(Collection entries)

= Beginning of Section =

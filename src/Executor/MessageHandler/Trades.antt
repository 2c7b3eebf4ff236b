-- ===== src/Executor/MessageHandler/Trades.antt =====
-- `_process_trade` on each trade of a match.
use lumendark.Common.{
  ℕ, suc, ◌≤◌, ◌≡◌, refl, sym, ap, ◌∙◌, List, [], ◌∷◌, ◌++◌, map, arith, pos, ◌+ℤ◌, ◌≤ℤ◌, int_laws,
  Decimal, Each, Runs, Runs-bind, Action, mul_pos, Runs-map,
}
use mathlib.Core.List.{append-nil, append_assoc, map-append}
use lumendark.Models.Order.{Asset, OrderSide}
use lumendark.Models.Trade.{Trade, amount_a, amount_b}
use lumendark.Models.Message.{ActionPayload, create_action}
use lumendark.Storage.UserStore.{UserStore}
use lumendark.Storage.UserStore.Holdings.{supply}
use lumendark.Storage.UserStore.Cover.{Demand, bump, Covers, Covers-le}
use lumendark.Matching.Engine.Owed.{traded, pending}
use lumendark.Matching.Engine.Loop.{IsTrade}
use lumendark.Storage.UserStore.Totals.{totals}
use lumendark.Executor.MessageHandler.Chain.{
  Allowed, Steps, Steps-append, bump_self, bump_nonneg, payloads, ledger_eq,
}
use lumendark.Executor.MessageHandler.Settling.{settlement_of, Nonneg, with_bump, settle_users-Runs}
use lumendark.Executor.MessageHandler.{State, process_trade, process_trades, put_action, on_users}

-- The state after trades: liabilities cover `d`, the supplies are kept, the trades are queued in their
-- order, and nothing else has changed but the supply of ids.
pub record Traded (s : State) (ts : List Trade) (d : Demand) (s' : State) : Type 0 where
  pub covers : Covers s'.users d
  pub supplies : (y : Asset) → supply s'.users y ≡ supply s.users y
  pub steps : Steps (totals s.users) (map settlement_of ts) (totals s'.users)
  pub queued : payloads s'.actions ≡ payloads s.actions ++ map settlement_of ts
  pub book : s'.book ≡ s.book
  pub message : s'.message ≡ s.message
  pub now : s'.now ≡ s.now
  pub next : s.next ≤ s'.next

-- A call on the user store changes nothing but the store.
pub on_users-Runs :
    {A : Type 0} {m : Action UserStore A} (s : State) {P : A → UserStore → Type 0}
    → Runs m s.users P
    → Runs (on_users m) s (λ a s'. P a s'.users × (s' ≡ record s { users = s'.users }))
on_users-Runs s r = record { value = r.value; returns = r.returns; holds = (r.holds, refl) }

-- A new action goes to the end of the queue.
pub put_action-Runs :
    (s : State) (p : ActionPayload)
    → Runs (put_action p) s (λ _ s'.
      (payloads s'.actions ≡ payloads s.actions ++ p ∷ [])
      × (s' ≡ record s { actions = s'.actions; next = suc s.next }))
unfolding put_action create_action
put_action-Runs s p = record {
  value = tt;
  returns = refl;
  holds = (map-append _ s.actions _, refl);
}

-- The contract allows the settlement of a trade that the liabilities cover.
settlement-Allowed :
    (st : UserStore) (t : Trade) (d : Demand)
    → pos 1 ≤ℤ t.price
    → pos 1 ≤ℤ t.quantity
    → Nonneg d
    → Covers st (λ v y. d v y +ℤ traded t v y)
    → Allowed (settlement_of t) (totals st)
settlement-Allowed st t d priced moves nonneg c =
    let paid = mul_pos t.price t.quantity priced moves in
    let of_seller = c.at t.seller_address Asset.a in
    let of_buyer = c.at t.buyer_address Asset.b in
    (
      moves,
      paid,
      omega (
        int_laws,
        of_seller.0,
        of_seller.1,
        bump_self t.seller_address Asset.a (amount_a t) refl,
        bump_nonneg t.buyer_address Asset.b (amount_b t) t.seller_address Asset.a paid,
        nonneg t.seller_address Asset.a,
      ),
      omega (
        int_laws,
        of_buyer.0,
        of_buyer.1,
        bump_self t.buyer_address Asset.b (amount_b t) refl,
        bump_nonneg t.seller_address Asset.a (amount_a t) t.buyer_address Asset.b moves,
        nonneg t.buyer_address Asset.b,
      ),
    )

process_trade-Runs :
    (s : State) (t : Trade) (side : OrderSide) (d : Demand)
    → pos 1 ≤ℤ t.price
    → pos 1 ≤ℤ t.quantity
    → Nonneg d
    → Covers s.users (λ v y. d v y +ℤ traded t v y)
    → Runs (process_trade t side) s (λ _ s'. Traded s (t ∷ []) d s')
unfolding process_trade
process_trade-Runs s t side d priced moves nonneg c =
    Runs-bind (on_users-Runs s (settle_users-Runs s.users t side d priced moves nonneg c))
      λ _ s1 (p, same). Runs-map (put_action-Runs s1 (settlement_of t)) λ _ s2 q. record {
        covers = rw (ap (λ (w : State). w.users) q.1) p.0;
        supplies = λ y. ap (λ (w : State). supply w.users y) q.1 ∙ p.1 y;
        steps = (
          settlement-Allowed s.users t d priced moves nonneg c,
          sym (ap (λ (w : State). totals w.users) q.1 ∙ ledger_eq p.2),
        );
        queued = q.0 ∙ ap (λ (w : State). payloads w.actions ++ settlement_of t ∷ []) same;
        book = ap (λ (w : State). w.book) q.1 ∙ ap (λ (w : State). w.book) same;
        message = ap (λ (w : State). w.message) q.1 ∙ ap (λ (w : State). w.message) same;
        now = ap (λ (w : State). w.now) q.1 ∙ ap (λ (w : State). w.now) same;
        next = omega (arith, ap (λ (w : State). w.next) q.1, ap (λ (w : State). w.next) same);
      }

pending-Nonneg :
    (limit : Decimal) (user : ℕ) (side : OrderSide) (ts : List Trade)
    → Each (IsTrade side limit user) ts
    → Nonneg (pending ts)
unfolding pending
pending-Nonneg limit user side [] h v y = omega arith
pending-Nonneg limit user side (t ∷ ts) h v y = omega (
  int_laws,
  with_bump (bump t.buyer_address Asset.b (amount_b t)) t.seller_address Asset.a (amount_a t)
      (λ w z. omega (
        int_laws,
        with_bump (λ _ _. pos 0) t.buyer_address Asset.b (amount_b t) (λ _ _. omega arith)
            (mul_pos t.price t.quantity h.0.priced h.0.moves) w z,
      ))
      h.0.moves v y,
  pending-Nonneg limit user side ts h.1 v y,
)

-- From liabilities that cover a demand that is nowhere negative and all that valid trades
-- consume, the processing of the trades returns: the demand is still covered, the sums of the
-- users' totals are kept, one settlement for each trade is queued behind the earlier actions in
-- their order, these are allowed one after another from each user's totals and lead to the new
-- ones, and the book, the message and the clock are as before.
pub process_trades-Runs :
    (ts : List Trade) (s : State) (side : OrderSide) (d : Demand) (limit : Decimal) (user : ℕ)
    → Each (IsTrade side limit user) ts
    → Nonneg d
    → Covers s.users (λ v y. d v y +ℤ pending ts v y)
    → Runs (process_trades ts side) s (λ _ s'. Traded s ts d s')
unfolding process_trades pending
process_trades-Runs [] s side d limit user h nonneg c = record {
  value = tt;
  returns = refl;
  holds = record {
    covers = Covers-le (λ v y. omega int_laws) c;
    supplies = λ y. refl;
    steps = refl;
    queued = sym (append-nil (payloads s.actions));
    book = refl;
    message = refl;
    now = refl;
    next = omega arith;
  };
}
process_trades-Runs (t ∷ ts) s side d limit user h nonneg c =
    Runs-bind
      (process_trade-Runs s t side (λ v y. d v y +ℤ pending ts v y) h.0.priced h.0.moves
        (λ v y. omega (int_laws, nonneg v y, pending-Nonneg limit user side ts h.1 v y))
        (Covers-le (λ v y. omega int_laws) c))
      λ _ s1 p1.
        Runs-map (process_trades-Runs ts s1 side d limit user h.1 nonneg p1.covers) λ _ s2 p2.
          record {
            covers = p2.covers;
            supplies = λ y. p2.supplies y ∙ p1.supplies y;
            steps =
                Steps-append (totals s.users) (totals s1.users) (totals s2.users)
                  (settlement_of t ∷ []) (map settlement_of ts) p1.steps p2.steps;
            queued =
                p2.queued
                ∙ ap (λ q. q ++ map settlement_of ts) p1.queued
                ∙ append_assoc _ (settlement_of t ∷ []) _;
            book = p2.book ∙ p1.book;
            message = p2.message ∙ p1.message;
            now = p2.now ∙ p1.now;
            next = omega (arith, p1.next, p2.next);
          }
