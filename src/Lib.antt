-- ===== src/Lib.antt =====
-- A model of the core of the FOS kernel: its linked lists, its dynamic block allocator and kernel
-- heap, its page tables, its page fault handler, the heap and the shared memory of programs, its
-- locks, its scheduler, and the byte routines they stand on.
--
-- Parts, and where they are:
-- Memory: byte memory with 32-bit words, as the casts to `uint32 *` in lib/dynamic_allocator.c read
--   and write it.
-- Queue: the LIST_* macros of inc/queue.h on a list head and the link fields of its elements. An
--   element is its address, 0 is NULL. `IsQueue q xs` says that the links of `q` run through `xs`.
-- DynAlloc: lib/dynamic_allocator.c (initialize_dynamic_allocator, get_block_size, is_free_block,
--   set_block_data, free_block, alloc_block_FF, alloc_block_BF, realloc_block_FF) with `sbrk` of
--   kern/mem/kheap.c. `Heap` is the state that they share. `Holds h a bs e` is the abstract view:
--   from the end of the begin block at `a` to the end block at `e` memory is tiled by the blocks
--   `bs`, with equal tags at both ends of each, and the free list holds the free ones in address
--   order.
-- Spinlock: pushcli and popcli of kern/cpu/cpu.c and kern/conc/spinlock.c, for the one CPU that
--   `mycpu` answers.
-- Sched: the environment queues of kern/cpu/sched_helpers.c (enqueue, dequeue, sched_insert_*,
--   sched_remove_*, sched_new_env, sched_run_env, sched_run_all, sched_exit_env,
--   sched_exit_all_ready_envs), fos_scheduler_RR and the inner loop of fos_scheduler in
--   kern/cpu/sched.c, yield and sched of kern/proc/user_environment.c. All queues share one pair of
--   link fields per environment, as in the source; every operation takes the queue lock or checks
--   it. A switch of context is the composition of the code before it with the code behind it.
-- Conc: kern/conc/channel.c and kern/conc/sleeplock.c over Sched. The rounds of the loop of
--   wakeup_all are bounded by the size of the channel.
-- Strings: lib/string.c.
-- Paging: kern/mem/memory_manager.c (allocate_frame, free_frame, decrement_references,
--   get_page_table, create_page_table, map_frame, get_frame_info, unmap_frame, loadtime_map_frame),
--   kern/mem/paging_helpers.c, and kheap_physical_address and kheap_virtual_address of
--   kern/mem/kheap.c. `Paging` holds directories and tables by address, the frames by number and
--   the list of the free ones. `kmalloc`, which create_page_table calls, is a parameter.
-- Fault: kern/trap/fault_handler.c (fault_handler, page_fault_handler) with
--   env_page_ws_list_create_element of kern/mem/working_set_manager.c, over Paging. The hand of the
--   clock is a position in the working set. The calls of the page file and `kmalloc` are
--   parameters; pf_read_env_page of kern/disk/pagefile_manager.c is modelled besides, with the
--   pages that the page file holds as a parameter.
-- KHeap: kmalloc, kfree and krealloc of kern/mem/kheap.c over DynAlloc. The list of the free pages
--   is a list of ranges, each with the address of its node, which the block allocator hands out.
--   Frames are a counter and a list of mapped pages, as in `sbrk`; bit 9 of an entry is the page's
--   mark.
-- UserHeap: kern/mem/chunk_operations.c (sys_sbrk, getConsecutiveFreePages, allocate_user_mem,
--   free_user_mem), malloc and free of lib/uheap.c and the system calls between them in
--   kern/trap/syscall.c, over Paging and the working set of Fault. The block allocator of the
--   program, the kernel heap and the page file are parameters.
-- Shared: kern/mem/shared_memory_manager.c and smalloc, sget and sfree of lib/uheap.c, with the
--   system calls of kern/trap/syscall.c between them, over Paging. kmalloc and kfree are
--   parameters; an object is found by its address in the list, and a name is a list of bytes that
--   fits its array.
--
-- A run is `ok`, `panic` (the kernel stops) or `out_of_fuel`; `Returns P r` says that the run `r`
-- is `ok` with a result of which `P` holds. Words are natural numbers with the wrap-around written
-- out.
--
-- Fuel and bounds: LIST_FOREACH has one round for each element that the list counts and one more,
-- which is enough on a well-formed list (walk-IsQueue). alloc_block_FF calls itself once the heap
-- has grown; two rounds are enough in a ready heap (alloc_block_ff-alloc_spec). The loops on
-- strings need one round more than the string has bytes. A spinlock that another CPU holds is never
-- released within one call, so the spinning runs out of any fuel. The replacement loop of
-- page_fault_handler needs a round for each sweep that each page may still survive, and one for
-- each used bit (find_victim-Victim). The loops of kfree and krealloc over pages have the number of
-- pages of the kernel heap as their fuel, those of the user heap the number of pages of the user
-- heap and one more (malloc-Allocated); kfree needs one round for each page that it frees
-- (kfree-kmalloc).
--
-- Not modelled: the rest of the page file, calculate_available_frames, the other system calls and
-- the loading of environments; sched_kill_env and sched_kill_all, which free address spaces; the
-- lock on the frames, which one CPU takes and gives back within each call; a page table on the
-- disk, which no code writes; names and call stacks that locks keep for debugging; calls that only
-- print; and what is outside memory and registers (the console, the disk, the boot code, the
-- interrupt descriptors, the translation cache), the user programs and the tests.
pub mod Prelude
pub mod Memory
pub mod Queue
pub mod DynAlloc
pub mod Spinlock
pub mod Sched
pub mod Conc
pub mod Strings
pub mod Paging
pub mod Fault
pub mod KHeap
pub mod UserHeap
pub mod Shared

= End of Section =

__PROBLEM__:
All lines above from the one containing "now = refl;" to the one containing "Steps-append (totals s.users)" must be repeated exactly, both lines included, and no others.

__EXERCISE SOLUTION__:
    now = refl;
    next = omega arith;
  };
}
process_trades-Runs (t ∷ ts) s side d limit user h nonneg c =
    Runs-bind
      (process_trade-Runs s t side (λ v y. d v y +ℤ pending ts v y) h.0.priced h.0.moves
        (λ v y. omega (int_laws, nonneg v y, pending-Nonneg limit user side ts h.1 v y))
        (Covers-le (λ v y. omega int_laws) c))
      λ _ s1 p1.
        Runs-map (process_trades-Runs ts s1 side d limit user h.1 nonneg p1.covers) λ _ s2 p2.
          record {
            covers = p2.covers;
            supplies = λ y. p2.supplies y ∙ p1.supplies y;
            steps =
                Steps-append (totals s.users) (totals s1.users) (totals s2.users)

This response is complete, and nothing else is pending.